As shown in fig. 6, the magnetic directions of the central layer 73 of the three-layer Halbach array magnetic ring 71 on the male surface and the central layer 73 of the three-layer Halbach array magnetic ring 72 on the female surface of the Halbach array shaft 7 on the female surface form an included angle with the axial direction of the turbine shaft 3 on the same plane, and the dense magnetic lines of force of the air gap between the female surface and the male surface are attracted by the turbine 2 made of magnetic conductive material and pass through the conductive circular ring piece 5.
As shown in fig. 7, the magnetic direction of the middle layer 73 of the three-layer Halbach array magnetic ring 71 on the male surface and the middle layer 73 of the three-layer Halbach array magnetic ring 72 on the female surface of the Halbach array shaft 7 on the female surface and the axial direction of the turbine shaft 3 form a right angle, and the dense magnetic lines of force of the air gap between the female surface and the male surface are attracted by the turbine 2 made of magnetic conductive material and pass through the conductive circular ring piece 5.
As shown in fig. 8, the material of the turbine shaft 3 and the head housing 1 is a yoke, and the arrows of the turbine shaft 3 and the head housing 1 indicate the magnetic directions in the turbine shaft 3 and the head housing 1.
As shown in fig. 9, the magnetic directions of the middle layer 73 of the male three-layer Halbach array magnetic ring 71 and the female three-layer Halbach array magnetic ring 72 of the Halbach array bearing 7 are parallel to the axial direction of the turbine shaft 3 in the same plane, and the end surface of the Halbach array bearing 7 adjacent to the magnetic conductive material turbine 2 emits light
The magnetic lines of force of which are attracted by the turbine 2 of magnetically conductive material through the conductive segments 5.
The material of the magnetic conductive material turbine 2 is yoke iron or magnet as shown in fig. 4-9, and the material of the magnetic conductive material turbine 2 is one of Halbach array magnet turbines as shown in fig. 10-15. The yoke iron, the magnet or the Halbach array magnet turbine guides magnetic lines to penetrate through the conductive circular ring piece 5, and the yoke iron is made of materials combining the turbine shaft 3 and the machine head shell 1, so that the magnetic lines penetrating through the conductive circular ring piece 5 can form a loop.

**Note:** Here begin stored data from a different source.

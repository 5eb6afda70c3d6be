-- ===== src/Alerts/Table.antt =====
-- The live alerts with a key, counted before and after an evaluation.
use in_work_marketing_os_bac.Base.{
  ℕ, ◌+◌, ◌≤◌, Bool, true, false, Option, none, some, List, [], ◌∷◌, ◌++◌, ◌==◌, ◌≡◌, refl, arith,
  any, if◌then◌else◌, update_if, count, eq_iff, bit, Bool-cases, ==_refl, is_some, Option-cases,
  inl, inr,
}
use in_work_marketing_os_bac.Base.Lists.{All, All-append, All-map_same}
use in_work_marketing_os_bac.Base.Rows.{count-append, count-update_eq, All-update_if}
use in_work_marketing_os_bac.Base.Selects.{count-update_other}
use in_work_marketing_os_bac.Alerts.{
  RecKey, key_eq, Finding, Alert, live_with, live_get, find_last, finds, updated, new_alert,
  apply_findings, holds, unseen, is_over, auto_resolved, has_key,
}

module _ {ℓ} {A : Type ℓ} (p : A → Bool) where
  pub find_last-none : (xs : List A) → find_last p xs ≡ none → count p xs ≡ 0
  unfolding find_last count
  find_last-none [] h = refl
  find_last-none (x ∷ xs) h = ground (arith, find_last-none xs)

  pub find_last-some :
      (xs : List A) (a : A) → find_last p xs ≡ some a → (p a ≡ true) × (1 ≤ count p xs)
  unfolding find_last count
  find_last-some [] a h = absurd (cc)
  find_last-some (x ∷ xs) a h = ground (arith, find_last-some xs a)

  find_last_zero : (xs : List A) → count p xs ≡ 0 → find_last p xs ≡ none
  unfolding find_last count
  find_last_zero [] h = refl
  find_last_zero (x ∷ xs) h = ground (arith, find_last_zero xs)

  -- The one row that passes the test.
  only_last : (xs : List A) → count p xs ≤ 1 → All (λ x. p x ≡ true → find_last p xs ≡ some x) xs
  unfolding find_last count
  only_last [] h = tt
  only_last (x ∷ xs) h = (
    λ t. ground (arith, find_last_zero xs),
    All-map_same (λ y. p y ≡ true → find_last p xs ≡ some y)
        (λ y. p y ≡ true → find_last p (x ∷ xs) ≡ some y) (λ y e t. rw (e t) refl) xs
        (only_last xs (ground arith)),
  )

  any-count : (xs : List A) → any p xs ≡ false → count p xs ≡ 0
  unfolding count
  any-count [] h = refl
  any-count (x ∷ xs) h = ground (arith, any-count xs)

  count-any : (xs : List A) → any p xs ≡ true → 1 ≤ count p xs
  unfolding count
  count-any [] h = cc
  count-any (x ∷ xs) h = ground (arith, count-any xs)

key_eq_sound : (j k : RecKey) → key_eq j k ≡ true → j ≡ k
key_eq_sound j k h = ground (arith, eq_iff j.metric k.metric)

pub key_eq_refl : (k : RecKey) → key_eq k k ≡ true
key_eq_refl k = ground (arith, eq_iff k.metric k.metric)

module _ {Float : Type 0} (client_id : ℕ) (k : RecKey) where
  -- An evaluation adds an alert for a key only if no live one has it.
  count-apply_findings :
      (before : List (Alert Float)) (new_id : ℕ) (fs : List (Finding Float))
      (alerts : List (Alert Float))
      → count (live_with client_id k) (apply_findings before new_id client_id fs alerts)
        ≡ count (live_with client_id k) alerts
          + (if is_some (live_get before client_id k) then 0 else count (finds k) fs)
  unfolding apply_findings count
  count-apply_findings before new_id [] alerts = ground arith
  count-apply_findings before new_id (f ∷ fs) alerts =
      elim (Option-cases (live_get before client_id f.rec_key)) [
        | inl e ↦ rw e (
            ground (
              arith,
              count-apply_findings before (new_id + 1) fs
                  (alerts ++ new_alert new_id client_id f ∷ []),
              count-append (live_with client_id k) alerts (new_alert new_id client_id f ∷ []),
              ==_refl client_id,
              key_eq_sound f.rec_key k,
            ))
        | inr (x, e) ↦ rw e (
            ground (
              arith,
              count-apply_findings before (new_id + 1) fs
                  (update_if (λ (a : Alert Float). a.id == x.id) (updated f) alerts),
              count-update_eq (live_with client_id k) (λ (a : Alert Float). a.id == x.id)
                  (updated f) alerts (λ y. refl),
              key_eq_sound f.rec_key k,
            ))
      ]

  apply_findings-All :
      (Q : Alert Float → Type 0) (before : List (Alert Float)) (new_id : ℕ)
      (fs : List (Finding Float)) (alerts : List (Alert Float))
      → ((f : Finding Float) (x : Alert Float) → Q x → Q (updated f x))
      → ((i : ℕ) (f : Finding Float) → finds k f ≡ false → Q (new_alert i client_id f))
      → any (finds k) fs ≡ false
      → All Q alerts
      → All Q (apply_findings before new_id client_id fs alerts)
  unfolding apply_findings
  apply_findings-All Q before new_id [] alerts u n gone h = h
  apply_findings-All Q before new_id (f ∷ fs) alerts u n gone h =
      elim (Option-cases (live_get before client_id f.rec_key)) [
        | inl e ↦ rw e (
            apply_findings-All Q before (new_id + 1) fs
              (alerts ++ new_alert new_id client_id f ∷ []) u n (ground arith)
              (All-append Q alerts (new_alert new_id client_id f ∷ []) h
                (n new_id f (ground arith), tt)))
        | inr (x, e) ↦ rw e (
            apply_findings-All Q before (new_id + 1) fs
              (update_if (λ (a : Alert Float). a.id == x.id) (updated f) alerts) u n (ground arith)
              (All-update_if Q (λ (a : Alert Float). a.id == x.id) (updated f) alerts (λ y t. u f y)
                h))
      ]

  -- What the dict holds for a key that one live alert has.
  held :
      (before : List (Alert Float))
      → count (live_with client_id k) before ≤ 1
      → All
          (λ (x : Alert Float).
            live_with client_id k x ≡ true → holds x.id (live_get before client_id k) ≡ true)
          before
  held before one =
      All-map_same
        (λ (x : Alert Float). live_with client_id k x ≡ true → live_get before client_id k ≡ some x)
        (λ (x : Alert Float).
          live_with client_id k x ≡ true → holds x.id (live_get before client_id k) ≡ true)
        (λ x h t. rw (h t) (==_refl x.id)) before (only_last (live_with client_id k) before one)

  unseen_kept :
      (before : List (Alert Float)) (fs : List (Finding Float)) (i : ℕ) (r : Option RecKey)
      → any (finds k) fs ≡ true
      → has_key k r ≡ true
      → unseen before client_id fs i r ≡ false
  unseen_kept before fs i none seen h = refl
  unseen_kept before fs i (some j) seen h = rw (key_eq_sound j k h, seen) refl

  unseen_gone :
      (before : List (Alert Float)) (fs : List (Finding Float)) (i : ℕ) (r : Option RecKey)
      → any (finds k) fs ≡ false
      → holds i (live_get before client_id k) ≡ true
      → has_key k r ≡ true
      → unseen before client_id fs i r ≡ true
  unseen_gone before fs i none gone held h = cc
  unseen_gone before fs i (some j) gone held h = rw (key_eq_sound j k h, gone) held

  count-resolved_gone :
      (before : List (Alert Float)) (fs : List (Finding Float)) (xs : List (Alert Float))
      → any (finds k) fs ≡ false
      → All
          (λ (x : Alert Float).
            live_with client_id k x ≡ true → holds x.id (live_get before client_id k) ≡ true)
          xs
      → count (live_with client_id k) (update_if (is_over before client_id fs) auto_resolved xs) ≡ 0
  unfolding update_if count
  count-resolved_gone before fs [] gone h = refl
  count-resolved_gone before fs (x ∷ xs) gone h = elim (Bool-cases (live_with client_id k x)) [
    | inl t ↦ ground (
      arith,
      h.0 t,
      unseen_gone before fs x.id x.rec_key gone (h.0 t),
      count-resolved_gone before fs xs gone h.1,
    )
    | inr t ↦ ground (arith, count-resolved_gone before fs xs gone h.1)
  ]

  count-resolved_seen :
      (before : List (Alert Float)) (fs : List (Finding Float)) (xs : List (Alert Float))
      → any (finds k) fs ≡ true
      → count (live_with client_id k) (update_if (is_over before client_id fs) auto_resolved xs)
        ≡ count (live_with client_id k) xs
  count-resolved_seen before fs xs seen =
      count-update_other (live_with client_id k) (is_over before client_id fs) auto_resolved xs
        (λ x h. ground (arith, unseen_kept before fs x.id x.rec_key seen))

  -- The live alerts with a key after an evaluation.
  pub count-reconciled :
      (before : List (Alert Float)) (new_id : ℕ) (fs : List (Finding Float))
      → count (live_with client_id k) before ≤ 1
      → count (finds k) fs ≤ 1
      → count (live_with client_id k) (
          update_if
            (is_over before client_id fs)
            auto_resolved
            (apply_findings before new_id client_id fs before))
        ≡ bit (any (finds k) fs)
  count-reconciled before new_id fs one once = elim (Bool-cases (any (finds k) fs)) [
    | inl seen ↦
        rw
          (
            count-resolved_seen before fs (apply_findings before new_id client_id fs before) seen,
            count-apply_findings before new_id fs before,
            seen,
          )
          (elim (Option-cases (live_get before client_id k)) [
            | inl e ↦ rw e (
                omega (
                  arith,
                  find_last-none (live_with client_id k) before e,
                  count-any (finds k) fs seen,
                ))
            | inr (x, e) ↦ rw e (omega (arith, find_last-some (live_with client_id k) before x e))
          ])
    | inr gone ↦ rw (gone) (
        count-resolved_gone before fs (apply_findings before new_id client_id fs before) gone (
          apply_findings-All
            (λ (x : Alert Float).
              live_with client_id k x ≡ true → holds x.id (live_get before client_id k) ≡ true)
            before new_id fs before (λ f x h. h) (λ i f other t. absurd (ground arith)) gone
            (held before one)))
  ]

All features disclosed in this specification may be combined in any combination, except features that are mutually exclusive. Any feature disclosed in this specification (including any accompanying claims, abstract and drawings) may be replaced by alternative features serving equivalent or similar purposes. That is, unless expressly stated otherwise, each feature is only an example of a generic series of equivalent or similar features. The above description is only for the purpose of illustrating the preferred embodiments of the present invention and is not to be construed as limiting the invention, and any modifications, equivalents and improvements made within the spirit and principle of the present invention are intended to be included within the scope of the present invention.